Little for prevention, Indigenous health and to address disparities
Lesley Russell, Adjunct Associate Professor, Menzies Centre for Health Policy, University of Sydney
Preventable diseases and conditions are a key factor in health inequalities and rising health-care costs. The two issues looming large are obesity and its consequences, and the health impacts of climate change.
There is $5.5 million for 2018-19 and 2019-20 for mental health services in areas affected by natural disasters, and $1.1 million over two years for the Health Star rating system – otherwise nothing for primary prevention.
The Treasurer did not mention Closing the Gap in his budget speech, and there is little in the budget for Indigenous health.
Just $5 million over four years is provided in the budget for suicide-prevention initiatives. And the Lowitja Institute receives $10 million for health and medical research.
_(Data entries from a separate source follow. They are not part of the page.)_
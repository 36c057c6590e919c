-- ===== src/Threading.antt =====
-- common/Threading: the queues between threads.
pub mod IntrusiveQueue
pub mod LockedQueue
pub mod MpscQueue
pub mod ProducerConsumerQueue
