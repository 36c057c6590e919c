-- ===== src/Threading/MpscQueue.antt =====
-- common/Threading/MPSCQueue.h, `MPSCQueueNonIntrusive`: a queue without a lock, for many producers
-- and one consumer. `Enqueue` is two atomic steps, the exchange of the head and the link from the node
-- before; other threads run in between. An address of the heap is a number, and `new` may return any
-- one that is free.
pub mod Chain
pub mod Links
pub mod Steps
pub mod History
mod Tests
use warhead_fix.Base.{
  ℕ, zero, suc, ◌+◌, ◌-◌, ◌*◌, ◌/◌, ◌%◌, ◌^◌, ◌≤◌, ◌<◌, min, ◌≡◌, refl, sym, ap, ap₂, subst, ◌∙◌,
  ◌≢◌, ◌↔◌, ◌⊎◌, inl, inr, Bool, true, false, not, ◌&&◌, ◌||◌, Option, none, some, List, [], ◌∷◌,
  ◌++◌, append-nil, append_assoc, arith, ltb, leb, ◌==◌, if◌then◌else◌, ltb→lt, lt→ltb, le→not-ltb,
  leb→le, le→leb, lt→not-leb, ==_iff, Bool-cases, Option-cases, length, take, drop, replicate,
  length-append, length-take, length-drop, length-replicate, take-append-drop, take-append,
  drop-append, take-append_le, drop-append_le, take_all, take-take, drop-drop, drop-take, drop_all,
  take-splice, drop-splice, take-drop-splice, drop_behind-splice, size_mod, add_size, sub_size,
  resize, copy_out, splice, copy_in, length-resize, length-splice, copy_out-some, copy_in-some,
}
use warhead_fix.Base.Options.{◌>>=◌}

pub record Node (T : Type 0) : Type 0 where
  -- `none` is left uninitialised
  pub payload : Option T
  pub next : Option ℕ

pub record MpscQueue (T : Type 0) : Type 0 where
  pub head : ℕ
  pub tail : ℕ
  -- the nodes that are allocated
  pub heap : ℕ → Option (Node T)

-- A producer between the two steps of its `Enqueue`: `prevHead` and `node`.
pub record Link : Type 0 where
  pub prev_head : ℕ
  pub node : ℕ

abbrev pub set {ℓ} : {A : Type ℓ} → (ℕ → A) → ℕ → A → ℕ → A
set f p a q = if p == q then a else f q

-- The constructor, on a heap where `dummy` is free.
unfoldable pub create : {T : Type 0} → ℕ → MpscQueue T
create dummy = record {
  head = dummy;
  tail = dummy;
  heap = set (λ _. none) dummy (some (record { payload = none; next = none }));
}

module _ {T : Type 0} where
  -- `new Node(input)` at the address `node`, and the exchange.
  unfoldable pub exchange : ℕ → T → MpscQueue T → Link × MpscQueue T
  exchange node input q = (
    record { prev_head = q.head; node = node },
    record {
      head = node;
      tail = q.tail;
      heap = set q.heap node (some (record { payload = some input; next = none }));
    },
  )

  -- `prevHead->Next.store(node)`; `none` is a write to a node that was deleted.
  unfoldable pub link : Link → MpscQueue T → Option (MpscQueue T)
  link l q = do
    prev ← q.heap l.prev_head
    some (record q { heap = set q.heap l.prev_head (some (record prev { next = some l.node })) })

  -- `Enqueue` of a producer that is not interrupted.
  unfoldable pub enqueue : ℕ → T → MpscQueue T → Option (MpscQueue T)
  enqueue node input q = let (l, q') = exchange node input q in link l q'

  -- The rest of `Dequeue`, where there is a next node.
  unfoldable pub take_next : ℕ → MpscQueue T → Option (Option T × MpscQueue T)
  take_next next q = do
    node ← q.heap next
    result ← node.payload
    some (some result, record q { tail = next; heap = set q.heap q.tail none })

  -- `Dequeue`: its result if it returns true. The outer `none` is a read of a node that was deleted,
  -- or of a payload that was never written.
  unfoldable pub dequeue : MpscQueue T → Option (Option T × MpscQueue T)
  dequeue q = do
    tail ← q.heap q.tail
    elim tail.next [ none ↦ some (none, q) | some next ↦ take_next next q ]

  -- The loop of the destructor, and its last `delete`. `none` is also a loop that is not done when its
  -- fuel is.
  unfoldable pub destroy : ℕ → MpscQueue T → Option (MpscQueue T)
  destroy zero q = none
  destroy (suc fuel) q = do
    (output, q') ← dequeue q
    elim output [
      | none ↦ some (record q' { heap = set q'.heap q'.head none })
      | some item ↦ destroy fuel q'
    ]
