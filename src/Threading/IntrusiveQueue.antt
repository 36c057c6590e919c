-- ===== src/Threading/IntrusiveQueue.antt =====
-- common/Threading/MPSCQueue.h, `MPSCQueueIntrusive`: the queue whose nodes are the items, for many
-- producers and one consumer. The consumer moves a dummy node behind the last item, by the same
-- `Enqueue`, to take that item. `Dequeue` is cut into steps, each with one access to what the producers
-- write too, so that they run in between. An item is its address.
pub mod Nodes
pub mod Pending
pub mod Steps
pub mod Moves
pub mod Calls
pub mod History
pub mod LastItem
pub mod Quiet
mod Tests
use warhead_fix.Base.{
  ℕ, zero, suc, ◌+◌, ◌-◌, ◌*◌, ◌/◌, ◌%◌, ◌^◌, ◌≤◌, ◌<◌, min, ◌≡◌, refl, sym, ap, ap₂, subst, ◌∙◌,
  ◌≢◌, ◌↔◌, ◌⊎◌, inl, inr, Bool, true, false, not, ◌&&◌, ◌||◌, Option, none, some, List, [], ◌∷◌,
  ◌++◌, append-nil, append_assoc, arith, ltb, leb, ◌==◌, if◌then◌else◌, ltb→lt, lt→ltb, le→not-ltb,
  leb→le, le→leb, lt→not-leb, ==_iff, Bool-cases, Option-cases, length, take, drop, replicate,
  length-append, length-take, length-drop, length-replicate, take-append-drop, take-append,
  drop-append, take-append_le, drop-append_le, take_all, take-take, drop-drop, drop-take, drop_all,
  take-splice, drop-splice, take-drop-splice, drop_behind-splice, size_mod, add_size, sub_size,
  resize, copy_out, splice, copy_in, length-resize, length-splice, copy_out-some, copy_in-some,
}
use warhead_fix.Base.Options.{◌>>=◌}
use warhead_fix.Threading.MpscQueue.{Link, set}

pub record IntrusiveQueue : Type 0 where
  pub dummy : ℕ
  pub head : ℕ
  pub tail : ℕ
  -- the link of each node of the queue and of the dummy; `none` is a node of somebody else, who may
  -- have deleted it
  pub links : ℕ → Option (Option ℕ)

-- The constructor.
unfoldable pub create : ℕ → IntrusiveQueue
create dummy = record {
  dummy = dummy;
  head = dummy;
  tail = dummy;
  links = set (λ _. none) dummy (some none);
}

-- `Enqueue` up to the exchange: no other thread knows the node before.
unfoldable pub exchange : ℕ → IntrusiveQueue → Link × IntrusiveQueue
exchange input q = (
  record { prev_head = q.head; node = input },
  record q { head = input; links = set q.links input (some none) },
)

-- The store of the link behind the node that was the last; `none` is a write to a node of somebody else.
unfoldable pub link : Link → IntrusiveQueue → Option IntrusiveQueue
link l q = do
  next ← q.links l.prev_head
  some (record q { links = set q.links l.prev_head (some (some l.node)) })

-- `Enqueue` of a producer that is not interrupted.
unfoldable pub enqueue : ℕ → IntrusiveQueue → Option IntrusiveQueue
enqueue input q = let (l, q') = exchange input q in link l q'

-- Where the consumer is in `Dequeue`, with its variables `tail` and `prevHead`: at the first load of a
-- link, behind the dummy, at the load of the head, before and behind the exchange of the dummy, and at
-- the last load.
pub data Consumer : Type 0 where
  begins : Consumer
  behind_dummy : ℕ → Consumer
  at_end : ℕ → Consumer
  enters : ℕ → Consumer
  joins : ℕ → ℕ → Consumer
  looks_again : ℕ → Consumer

-- A step goes on, or is the return of `Dequeue`, with `result` if it returns true.
pub data Outcome : Type 0 where
  goes_on : Consumer → Outcome
  returns : Option ℕ → Outcome

-- `_tail.store(next); result = tail; return true`: the item is the caller's.
unfoldable pub hand_out : ℕ → ℕ → IntrusiveQueue → IntrusiveQueue
hand_out tail next q = record q { tail = next; links = set q.links tail none }

unfoldable pub begin_step : Option ℕ → IntrusiveQueue → Outcome × IntrusiveQueue
begin_step none q = if q.tail == q.dummy then (returns none, q) else (goes_on (at_end q.tail), q)
begin_step (some next) q =
    if q.tail == q.dummy
    then (goes_on (behind_dummy next), record q { tail = next })
    else (returns (some q.tail), hand_out q.tail next q)

unfoldable pub behind_step : ℕ → Option ℕ → IntrusiveQueue → Outcome × IntrusiveQueue
behind_step tail none q = (goes_on (at_end tail), q)
behind_step tail (some next) q = (returns (some tail), hand_out tail next q)

unfoldable pub last_step : ℕ → Option ℕ → IntrusiveQueue → Outcome × IntrusiveQueue
last_step tail none q = (returns none, q)
last_step tail (some next) q = (returns (some tail), hand_out tail next q)

-- One step of `Dequeue`. `none` is an access to a node of somebody else.
unfoldable pub step : Consumer → IntrusiveQueue → Option (Outcome × IntrusiveQueue)
step begins q = do next ← q.links q.tail; some (begin_step next q)
step (behind_dummy tail) q = do next ← q.links tail; some (behind_step tail next q)
step (at_end tail) q =
    some (if tail == q.head then (goes_on (enters tail), q) else (returns none, q))
step (enters tail) q =
    let (l, q') = exchange q.dummy q in some (goes_on (joins tail l.prev_head), q')
step (joins tail prev_head) q = do
  q' ← link (record { prev_head = prev_head; node = q.dummy }) q
  some (goes_on (looks_again tail), q')
step (looks_again tail) q = do next ← q.links tail; some (last_step tail next q)

-- The rest of a `Dequeue` that is not interrupted, in at most `fuel` steps.
unfoldable pub finish : ℕ → Consumer → IntrusiveQueue → Option (Option ℕ × IntrusiveQueue)
finish zero c q = none
finish (suc fuel) c q = do
  (o, q') ← step c q
  elim o [ goes_on c' ↦ finish fuel c' q' | returns r ↦ some (r, q') ]

-- `Dequeue` has at most six steps.
unfoldable pub dequeue : IntrusiveQueue → Option (Option ℕ × IntrusiveQueue)
dequeue q = finish 6 begins q

-- The loop of the destructor, with the items that it deletes.
unfoldable pub destroy : ℕ → IntrusiveQueue → Option (List ℕ × IntrusiveQueue)
destroy zero q = none
destroy (suc fuel) q = do
  (output, q') ← dequeue q
  elim output [
    | none ↦ some ([], q')
    | some item ↦ do (deleted, q'') ← destroy fuel q'; some (item ∷ deleted, q'')
  ]
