-- ===== src/Threading/MpscQueue/Chain.antt =====
-- The nodes from the tail to the head, with the links that are still to be written.
use warhead_fix.Base.{ℕ, ◌≡◌, ◌∙◌, ◌≢◌, Option, none, some, List, [], ◌∷◌, arith}
use warhead_fix.Threading.MpscQueue.{Node, Link, set}

abbrev pub NotIn : ℕ → List ℕ → Type 0
NotIn p [] = Unit
NotIn p (n ∷ ns) = (p ≢ n) × NotIn p ns

pub set_other {ℓ} : {A : Type ℓ} (heap : ℕ → A) (p q : ℕ) (c : A) → p ≢ q → set heap p c q ≡ heap q
set_other heap p q c other = ground arith

pub set_same {ℓ} : {A : Type ℓ} (heap : ℕ → A) (p : ℕ) (c : A) → set heap p c p ≡ c
set_same heap p c = ground arith

module _ {T : Type 0} where
  -- The node at an address holds the payload, if any is asked for.
  pub record Holds (heap : ℕ → Option (Node T)) (p : ℕ) (x : T) : Type 0 where
    pub cell : Node T
    pub found : heap p ≡ some cell
    pub holds : cell.payload ≡ some x

  pub record Points (heap : ℕ → Option (Node T)) (p : ℕ) (next : Option ℕ) : Type 0 where
    pub cell : Node T
    pub found : heap p ≡ some cell
    pub points : cell.next ≡ next

  -- `Chain heap n ns xs gaps z`: the nodes `n` and `ns`, the last one `z`, hold `xs` behind `n`. Each
  -- points to the next one, except where the link is one of `gaps`.
  pub data Chain (heap : ℕ → Option (Node T)) : ℕ → List ℕ → List T → List Link → ℕ → Type 0 where
    last : {n : ℕ} → Points heap n none → Chain heap n [] [] [] n
    linked :
        {n m z : ℕ} {ns : List ℕ} {x : T} {xs : List T} {gaps : List Link}
        → Points heap n (some m)
        → Holds heap m x
        → NotIn n (m ∷ ns)
        → Chain heap m ns xs gaps z
        → Chain heap n (m ∷ ns) (x ∷ xs) gaps z
    broken :
        {n m z : ℕ} {ns : List ℕ} {x : T} {xs : List T} {gaps : List Link}
        → Points heap n none
        → Holds heap m x
        → NotIn n (m ∷ ns)
        → Chain heap m ns xs gaps z
        → Chain heap n (m ∷ ns) (x ∷ xs) (record { prev_head = n; node = m } ∷ gaps) z

  pub Points-set :
      {heap : ℕ → Option (Node T)} {q : ℕ} {next : Option ℕ} (p : ℕ) (c : Option (Node T))
      → p ≢ q
      → Points heap q next
      → Points (set heap p c) q next
  Points-set {heap} {q} p c other h = record {
    cell = h.cell;
    found = set_other heap p q c other ∙ h.found;
    points = h.points;
  }

  pub Holds-set :
      {heap : ℕ → Option (Node T)} {q : ℕ} {x : T} (p : ℕ) (c : Option (Node T))
      → p ≢ q
      → Holds heap q x
      → Holds (set heap p c) q x
  Holds-set {heap} {q} p c other h = record {
    cell = h.cell;
    found = set_other heap p q c other ∙ h.found;
    holds = h.holds;
  }

  -- A write elsewhere changes nothing.
  pub Chain-set :
      {heap : ℕ → Option (Node T)} {n z : ℕ} {ns : List ℕ} {xs : List T} {gaps : List Link} (p : ℕ)
      (c : Option (Node T))
      → NotIn p (n ∷ ns)
      → Chain heap n ns xs gaps z
      → Chain (set heap p c) n ns xs gaps z
  Chain-set p c (o, os) (last h) = last (Points-set p c o h)
  Chain-set p c (o, os) (linked h k d t) =
      linked (Points-set p c o h) (Holds-set p c os.0 k) d (Chain-set p c os t)
  Chain-set p c (o, os) (broken h k d t) =
      broken (Points-set p c o h) (Holds-set p c os.0 k) d (Chain-set p c os t)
$6.3 million to continue the development of the Health Data Portal for services funded under the Indigenous Australians Health Program.
Inequalities and disparities
Disadvantaged rural and remote communities will (ultimately) benefit from efforts to boost National Rural Generalist Training Pathway, with $62.2 million provided over four years. This was a 2016 election commitment.
Peter Sivey, Associate Professor, School of Economics, Finance and Marketing, RMIT University
There are no major changes to public hospital funding arrangements in this year’s budget.
Funding for public hospitals is predicted to increase at between 3.7% and 5.6% over the forward estimates. However, these figures are contingent on the new COAG agreement on health funding between the Commonwealth and states, which is due to be finalised before the end of 2019.
The states will be hoping to wring some more dollars from the federal government given their soaring public hospital admissions and pressure on waiting times.
Government spending on the private health insurance rebate is projected to increase more slowly than premiums at between 1.8% and 3.2% because of indexation arrangements which are gradually reducing the rebate over time.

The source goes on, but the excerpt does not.